Which of the following individuals can be claimed as a dependent in the current year?
(Assume any test not mentioned has been satisfied).
I. Kelly’s mother, Dana, lives with her for 10 of 12 months during the year. Kelly
provides all the support for Dana during that time. The other two months were spent
with Dana’s other daughter, Alice. Dana’s annual income consists of $12,750 in Social
Security and $1,850 of savings account interest. Kelly may claim Dana as a dependent.
II. Bart is a 22-year-old college student. His tuition of $7,000 is paid by a scholarship
he received for his good high school record. He lives with his parents, who also provide
him with $450 monthly support. Bart earns $1,950 mowing lawns in the neighborhood
for other support. He may be claimed as a dependent of his parents.

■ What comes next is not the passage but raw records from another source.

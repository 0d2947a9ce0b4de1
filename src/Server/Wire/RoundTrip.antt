-- ===== src/Server/Wire/RoundTrip.antt =====
-- internal/server/wire/wire.go: what a peer restores from a message is what was sent.
use spectre.Prelude.{
  ℕ, ◌^◌, ◌<◌, ◌≡◌, ◌≢◌, refl, false, Option, none, some, List, [], ◌∷◌, ◌++◌, Text, text_eq,
  nat_eq, ◌==◌, ltb, length, is_some, All, arith, ok, Bool-cases, Option-cases, inl, inr,
  if◌then◌else◌, Assoc.lookup, Assoc.insert,
}
use spectre.Model.{
  Direction, ingress, egress, direction_eq, Change, retyped, change_eq, Retype, Difference, Traffic,
  Quarantine, Calls, State,
}
use spectre.Server.Wire.Enums.{change_round, json_type_round, kind_round, direction_round}
use spectre.Server.Wire.Reasons.{
  type_messages, difference_message, difference_messages, restored_types, difference_from_message,
  differences_from_messages, traffic_message, quarantine_message, restored_node, restored_traffic,
  reason_from_message, quarantine_from_message, directed_from_message,
}
use spectre.Server.Wire.Messages.{
  calls_message, restored_routes, calls_from_message, counts_any, held_message, state_message,
  restored_quarantines, unidentified, state_from_message,
}

-- Only a retyped difference has types, and a count is one of 32 bits.
abbrev pub IsSendableDifference : Difference → Type 0
IsSendableDifference d = (is_some d.retype ≡ (d.change == retyped)) × (d.count < 2 ^ 32)

-- A node that is given has a name.
abbrev pub IsSendable : Quarantine → Type 0
IsSendable q = (q.reason.node ≢ some []) × All IsSendableDifference q.reason.differences

types_round :
    (c : Change) (t : Option Retype)
    → is_some t ≡ (c == retyped)
    → restored_types c (type_messages t).0 (type_messages t).1 ≡ ok t
types_round retyped (some t) h = rw (json_type_round t.reference, json_type_round t.candidate) refl
types_round _ none h = ground arith
types_round _ (some t) h = ground arith

difference_round :
    (d : Difference)
    → IsSendableDifference d
    → difference_from_message (difference_message d) ≡ ok d
difference_round d (only, fits) =
    rw (change_round d.change, types_round d.change d.retype only) (ground arith)

pub differences_round :
    (ds : List Difference)
    → All IsSendableDifference ds
    → differences_from_messages (difference_messages ds) ≡ ok ds
unfolding difference_messages differences_from_messages
differences_round [] h = refl
differences_round (d ∷ ds) (first, others) =
    rw (difference_round d first, differences_round ds others) refl

traffic_round : (t : Option Traffic) → restored_traffic (traffic_message t) ≡ ok t
traffic_round none = refl
traffic_round (some t) = rw (direction_round t.direction) refl

node_round : (n : Option Text) → n ≢ some [] → restored_node n ≡ n
node_round none named = refl
node_round (some []) named = ground (arith, named)
node_round (some (c ∷ cs)) named = refl

pub reason_round :
    (d : Direction) (q : Quarantine)
    → IsSendable q
    → reason_from_message (quarantine_message d q) ≡ ok q.reason
unfolding reason_from_message quarantine_message
reason_round d q (named, differences) =
    rw
      (
        kind_round q.reason.kind,
        differences_round q.reason.differences differences,
        traffic_round q.reason.traffic,
        node_round q.reason.node named,
      )
      refl

pub directed_round :
    (d : Direction) (q : Quarantine)
    → IsSendable q
    → directed_from_message (quarantine_message d q) ≡ ok (d, q)
unfolding directed_from_message quarantine_from_message quarantine_message
directed_round d q h = rw (direction_round d, reason_round d q h) refl

-- A state's quarantines with ingress first, which is the same map.
abbrev pub entry_of : Direction → Option Quarantine → List (Direction × Quarantine)
entry_of d none = []
entry_of d (some q) = (d, q) ∷ []

abbrev pub ingress_first : List (Direction × Quarantine) → List (Direction × Quarantine)
ingress_first m = entry_of ingress (lookup ingress m) ++ entry_of egress (lookup egress m)

abbrev pub canonical : State → State
canonical s = record s { quarantines = ingress_first s.quarantines }

pub lookup-ingress_first :
    (d : Direction) (m : List (Direction × Quarantine)) → lookup d (ingress_first m) ≡ lookup d m
unfolding lookup
lookup-ingress_first ingress m = elim (Option-cases (lookup ingress m)) [
  | inl e ↦ elim (Option-cases (lookup egress m)) [
    | inl f ↦ rw (e, f) refl
    | inr (q, f) ↦ rw (e, f) refl
  ]
  | inr (p, e) ↦ rw e refl
]
lookup-ingress_first egress m = elim (Option-cases (lookup ingress m)) [
  | inl e ↦ elim (Option-cases (lookup egress m)) [
    | inl f ↦ rw (e, f) refl
    | inr (q, f) ↦ rw (e, f) refl
  ]
  | inr (p, e) ↦ elim (Option-cases (lookup egress m)) [
    | inl f ↦ rw (e, f) refl
    | inr (q, f) ↦ rw (e, f) refl
  ]
]

abbrev pub IsRouted : Calls → Type 0
IsRouted c = All (λ (e : Text × ℕ). (e.0 == []) ≡ false) c.routes

-- A state that names its mirror and the routes that it counts, with quarantines that can be sent.
pub record IsReportable (s : State) : Type 0 where
  pub identified : unidentified s.service s.environment s.revision ≡ false
  pub routed : IsRouted s.calls
  pub held : (d : Direction) (q : Quarantine) → lookup d s.quarantines ≡ some q → IsSendable q

routes_round :
    (routes : List (Text × ℕ))
    → All (λ (e : Text × ℕ). (e.0 == []) ≡ false) routes
    → restored_routes routes ≡ ok routes
unfolding restored_routes
routes_round [] h = refl
routes_round ((route, count) ∷ rest) (named, others) = rw (named, routes_round rest others) refl

pub calls_round : (c : Calls) → IsRouted c → calls_from_message (some (calls_message c)) ≡ ok c
unfolding calls_from_message calls_message
calls_round c h = rw (routes_round c.routes h) refl

no_routes : (routes : List (Text × ℕ)) → ltb 0 (length routes) ≡ false → routes ≡ []
no_routes [] h = refl
no_routes (r ∷ rs) h = ground arith

none_counted : (c : Calls) → counts_any c ≡ false → calls_from_message none ≡ ok c
unfolding calls_from_message
none_counted c e = ground (arith, no_routes c.routes)

pub state_calls_round :
    (c : Calls)
    → IsRouted c
    → calls_from_message (if counts_any c then some (calls_message c) else none) ≡ ok c
state_calls_round c h = elim (Bool-cases (counts_any c)) [
  | inl e ↦ rw e (calls_round c h)
  | inr e ↦ rw e (none_counted c e)
]

pub quarantines_round :
    (i e : Option Quarantine)
    → ((q : Quarantine) → i ≡ some q → IsSendable q)
    → ((q : Quarantine) → e ≡ some q → IsSendable q)
    → restored_quarantines (held_message ingress i ++ held_message egress e) []
      ≡ ok (entry_of ingress i ++ entry_of egress e)
unfolding restored_quarantines lookup insert
quarantines_round none none hi he = refl
quarantines_round (some p) none hi he = rw (directed_round ingress p (hi p refl)) refl
quarantines_round none (some q) hi he = rw (directed_round egress q (he q refl)) refl
quarantines_round (some p) (some q) hi he =
    rw (directed_round ingress p (hi p refl), directed_round egress q (he q refl)) refl

pub state_round :
    (s : State) → IsReportable s → state_from_message (state_message s) ≡ ok (canonical s)
unfolding state_from_message state_message
state_round s h =
    rw
      (
        h.identified,
        state_calls_round s.calls h.routed,
        quarantines_round (lookup ingress s.quarantines) (lookup egress s.quarantines)
            (h.held ingress) (h.held egress),
      )
      refl
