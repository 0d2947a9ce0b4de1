-- ===== src/Server/Service/Filter.antt =====
-- internal/server/filter.go.
pub mod Laws
use spectre.Prelude.{
  ◌≡◌, refl, Bool, true, false, not, ◌&&◌, ◌||◌, List, [], ◌∷◌, Text, ◌==◌, text_eq, text_lt,
  select, All, arith, if◌then◌else◌, Bool-cases, inl, inr,
}
use spectre.Model.{
  Direction, ingress, egress, direction_eq, State, Divergence, DivergenceFilter, matches_state,
  matches_divergence, direction_text,
}

-- `slices.SortFunc`, by insertion, for an order given as "stands before".
module _ {ℓ} {A : Type ℓ} (before : A → A → Bool) where
  unfoldable pub sort_in : A → List A → List A
  sort_in a [] = a ∷ []
  sort_in a (b ∷ bs) = if before b a then b ∷ sort_in a bs else a ∷ b ∷ bs

  unfoldable pub sort_by : List A → List A
  sort_by [] = []
  sort_by (a ∷ as') = sort_in a (sort_by as')

-- `cmp.Or` of the comparisons of services and of environments.
unfoldable pub state_before : State → State → Bool
state_before a b =
    text_lt a.service b.service || (a.service == b.service && text_lt a.environment b.environment)

-- The directions are compared in reverse.
unfoldable pub divergence_before : Divergence → Divergence → Bool
divergence_before a b =
    text_lt a.service b.service
    || (a.service == b.service
        && (text_lt a.environment b.environment
            || (a.environment == b.environment
                && text_lt (direction_text b.direction) (direction_text a.direction))))

-- `filterStates`.
unfoldable pub filter_states : List State → DivergenceFilter → List State
filter_states states filter = sort_by state_before (select (λ s. matches_state filter s) states)

-- `filterDivergences`.
unfoldable pub filter_divergences : List Divergence → DivergenceFilter → List Divergence
filter_divergences divergences filter =
    sort_by divergence_before (select (λ d. matches_divergence filter d) divergences)
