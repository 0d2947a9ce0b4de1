-- ===== src/Server/Service.antt =====
-- internal/server/service.go and filter.go: the handlers of the service's API.
--
-- A handler is given its store as an interface, each of whose calls may fail and leaves some state
-- behind either way. The time of each call of `time.Now` is an argument. Serving HTTP and the codes
-- of connect are not modelled: an error keeps which code it has and what caused it.
pub mod Filter
pub mod Covered
pub mod Steps
pub mod Interleaved
pub mod Uninterrupted
pub mod Handlers
pub mod Tests
use spectre.Prelude.{
  ℕ, ◌+◌, ◌-◌, Bool, true, false, ◌||◌, Option, none, some, List, [], ◌∷◌, Text, ◌==◌, text_eq,
  if◌then◌else◌, Result, ok, failed, ◌>>=◌,
}
use spectre.Model.{
  Direction, Quarantine, quarantined, State, Update, state_update, quarantine_update, calls_update,
  Divergence, Calls,
}
use spectre.Server.Wire.{
  WireError, PbUpdateRequest, holds_nothing, holds_state, holds_quarantine, holds_keepalive,
  holds_calls, PbListRequest, PbListResponse, update_from_message, filter_from_message,
  list_response,
}
use spectre.Server.Service.Filter.{filter_states, filter_divergences}

-- `storage.Store`.
pub record Store (S : Type 0) : Type 0 where
  pub put : S → State → ℕ → S × Result Text (Unit {0})
  pub states : S → ℕ → S × Result Text (List State)
  pub record_divergence : S → Divergence → S × Result Text (Unit {0})
  pub clear : S → Text → Text → ℕ → S × Result Text (Unit {0})
  pub divergences : S → S × Result Text (List Divergence)

pub data StreamError : Type 0 where
  stream_must_begin_with_state : StreamError
  in_message : WireError → StreamError

pub data ServiceError : Type 0 where
  invalid_update : StreamError → ServiceError
  clear_needs_service_and_environment : ServiceError
  unavailable : Text → ServiceError
  receive_failed : Text → ServiceError

-- The switch of `nextState` on an update.
abbrev pub applied : Option State → Update → Result StreamError State
applied state (state_update s) = ok s
applied none (quarantine_update d q) = failed stream_must_begin_with_state
applied (some current) (quarantine_update d q) = ok (quarantined current d q)
applied none (calls_update c) = failed stream_must_begin_with_state
applied (some current) (calls_update c) = ok (record current { calls = c })

abbrev kept : Option State → Result StreamError State
kept none = failed stream_must_begin_with_state
kept (some current) = ok current

abbrev pub from_wire {ℓ} : {A : Type ℓ} → Result WireError A → Result StreamError A
from_wire (ok a) = ok a
from_wire (failed e) = failed (in_message e)

abbrev pub restored_update : PbUpdateRequest → Result StreamError Update
restored_update m = from_wire (update_from_message m)

-- `nextState`.
unfoldable pub next_state : Option State → PbUpdateRequest → Result StreamError State
next_state state holds_keepalive = kept state
next_state state m = restored_update m >>= λ u. applied state u

-- The variables of `Update`: the state that the stream has built, and when it was measured.
pub record Stream : Type 0 where
  pub state : Option State
  pub measured : ℕ

unfoldable pub new_stream : Stream
new_stream = record { state = none; measured = 0 }

abbrev pub measured_at : PbUpdateRequest → ℕ → ℕ → ℕ
measured_at (holds_state m) now measured = now
measured_at _ now measured = measured

-- Whether a message leaves the quarantines as they were.
abbrev pub adds_no_quarantine : PbUpdateRequest → Bool
adds_no_quarantine holds_keepalive = true
adds_no_quarantine (holds_calls m) = true
adds_no_quarantine _ = false

abbrev pub divergence_of : State → Direction × Quarantine → Divergence
divergence_of s held = record {
  service = s.service;
  environment = s.environment;
  revision = s.revision;
  direction = held.0;
  quarantine = held.1;
}

-- The uptime that a state has by now. The clock is monotonic.
abbrev pub aged : State → ℕ → ℕ → State
aged s now measured = record s { uptime = s.uptime + (now - measured) }

-- How a stream ends.
pub data End : Type 0 where
  eof : End
  broken : Text → End

module _ {S : Type 0} (api : Store S) where
  open api use {put, states, record_divergence, clear, divergences}

  -- The loop of `recordQuarantines`.
  unfoldable pub record_all : S → State → List (Direction × Quarantine) → S × Result Text (Unit {0})
  record_all s state [] = (s, ok tt)
  record_all s state (held ∷ rest) =
      let (next, result) = record_divergence s (divergence_of state held) in
      elim result [ ok done ↦ record_all next state rest | failed e ↦ (next, failed e) ]

  -- `recordQuarantines`.
  unfoldable pub record_quarantines : S → State → S × Result Text (Unit {0})
  record_quarantines s state = record_all s state state.quarantines

  -- What a message does once its state is known.
  unfoldable pub store_current :
      S → PbUpdateRequest → State → ℕ → ℕ → S × Result ServiceError Stream
  store_current s m current now measured =
      let stream : Stream = record { state = some current; measured = measured } in
      let (stored, result) = put s (aged current now measured) now in
      elim result [
        | failed e ↦ (stored, failed (unavailable e))
        | ok done ↦
            if adds_no_quarantine m
            then (stored, ok stream)
            else (let (recorded, outcome) = record_quarantines stored current in
                elim outcome [
                  | failed e ↦ (recorded, failed (unavailable e))
                  | ok done ↦ (recorded, ok stream)
                ])
      ]

  -- What `Update` does with the result of `nextState`.
  abbrev pub act_on :
      S → PbUpdateRequest → ℕ → ℕ → Result StreamError State → S × Result ServiceError Stream
  act_on s m now measured (failed e) = (s, failed (invalid_update e))
  act_on s m now measured (ok current) = store_current s m current now measured

  -- The body of the loop of `Update`, for a message that was received at `now`.
  unfoldable pub receive : S → Stream → PbUpdateRequest → ℕ → S × Result ServiceError Stream
  receive s stream m now =
      act_on s m now (measured_at m now stream.measured) (next_state stream.state m)

  -- The loop of `Update` returns on the first error.
  abbrev pub go_on :
      (S → Stream → S × Result ServiceError (Unit {0}))
      → S × Result ServiceError Stream
      → S × Result ServiceError (Unit {0})
  go_on rest (s, ok stream) = rest s stream
  go_on rest (s, failed e) = (s, failed e)

  -- `Update`, from the state of a stream that has begun.
  unfoldable pub receive_all :
      S → Stream → List (PbUpdateRequest × ℕ) → End → S × Result ServiceError (Unit {0})
  receive_all s stream [] eof = (s, ok tt)
  receive_all s stream [] (broken e) = (s, failed (receive_failed e))
  receive_all s stream ((m, now) ∷ rest) end =
      go_on (λ next advanced. receive_all next advanced rest end) (receive s stream m now)

  -- `Update`.
  unfoldable pub update : S → List (PbUpdateRequest × ℕ) → End → S × Result ServiceError (Unit {0})
  update s messages end = receive_all s new_stream messages end

  -- `ListDivergences`; a time before the first is the first.
  unfoldable pub list_divergences :
      ℕ → S → PbListRequest → ℕ → S × Result ServiceError PbListResponse
  list_divergences ttl s request now =
      let (pruned, listed) = states s (now - ttl) in
      let (read, found) = divergences pruned in
      let f = filter_from_message request in
      elim listed [
        | failed e ↦ (pruned, failed (unavailable e))
        | ok ss ↦ elim found [
          | failed e ↦ (read, failed (unavailable e))
          | ok ds ↦ (read, ok (list_response (filter_states ss f) (filter_divergences ds f)))
        ]
      ]

  -- `ClearDivergences`.
  unfoldable pub clear_divergences : S → Text → Text → ℕ → S × Result ServiceError (Unit {0})
  clear_divergences s service environment now =
      if service == [] || environment == []
      then (s, failed clear_needs_service_and_environment)
      else (let (cleared, result) = clear s service environment now in
          elim result [ ok done ↦ (cleared, ok tt) | failed e ↦ (cleared, failed (unavailable e)) ])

a. Only statement I is correct.
b. Only statement II is correct.
c. Both statements are correct.
d. Neither statement is correct.
Sullivan, a pilot for Northern Airlines, has adjusted gross income of $92,000 before
considering the following losses. The passive activity rules disallow the deduction for a
loss in which of the following?
I. Sullivan has a $4,500 loss from his ownership interest in Cowco, a feeder-cattle
limited partnership. Sullivan is a general partner and is responsible for day-to-day
management decisions.
II. Sullivan has a $7,000 loss from his ownership interest in Swineco, a feeder-pig
limited partnership. Sullivan is a limited partner.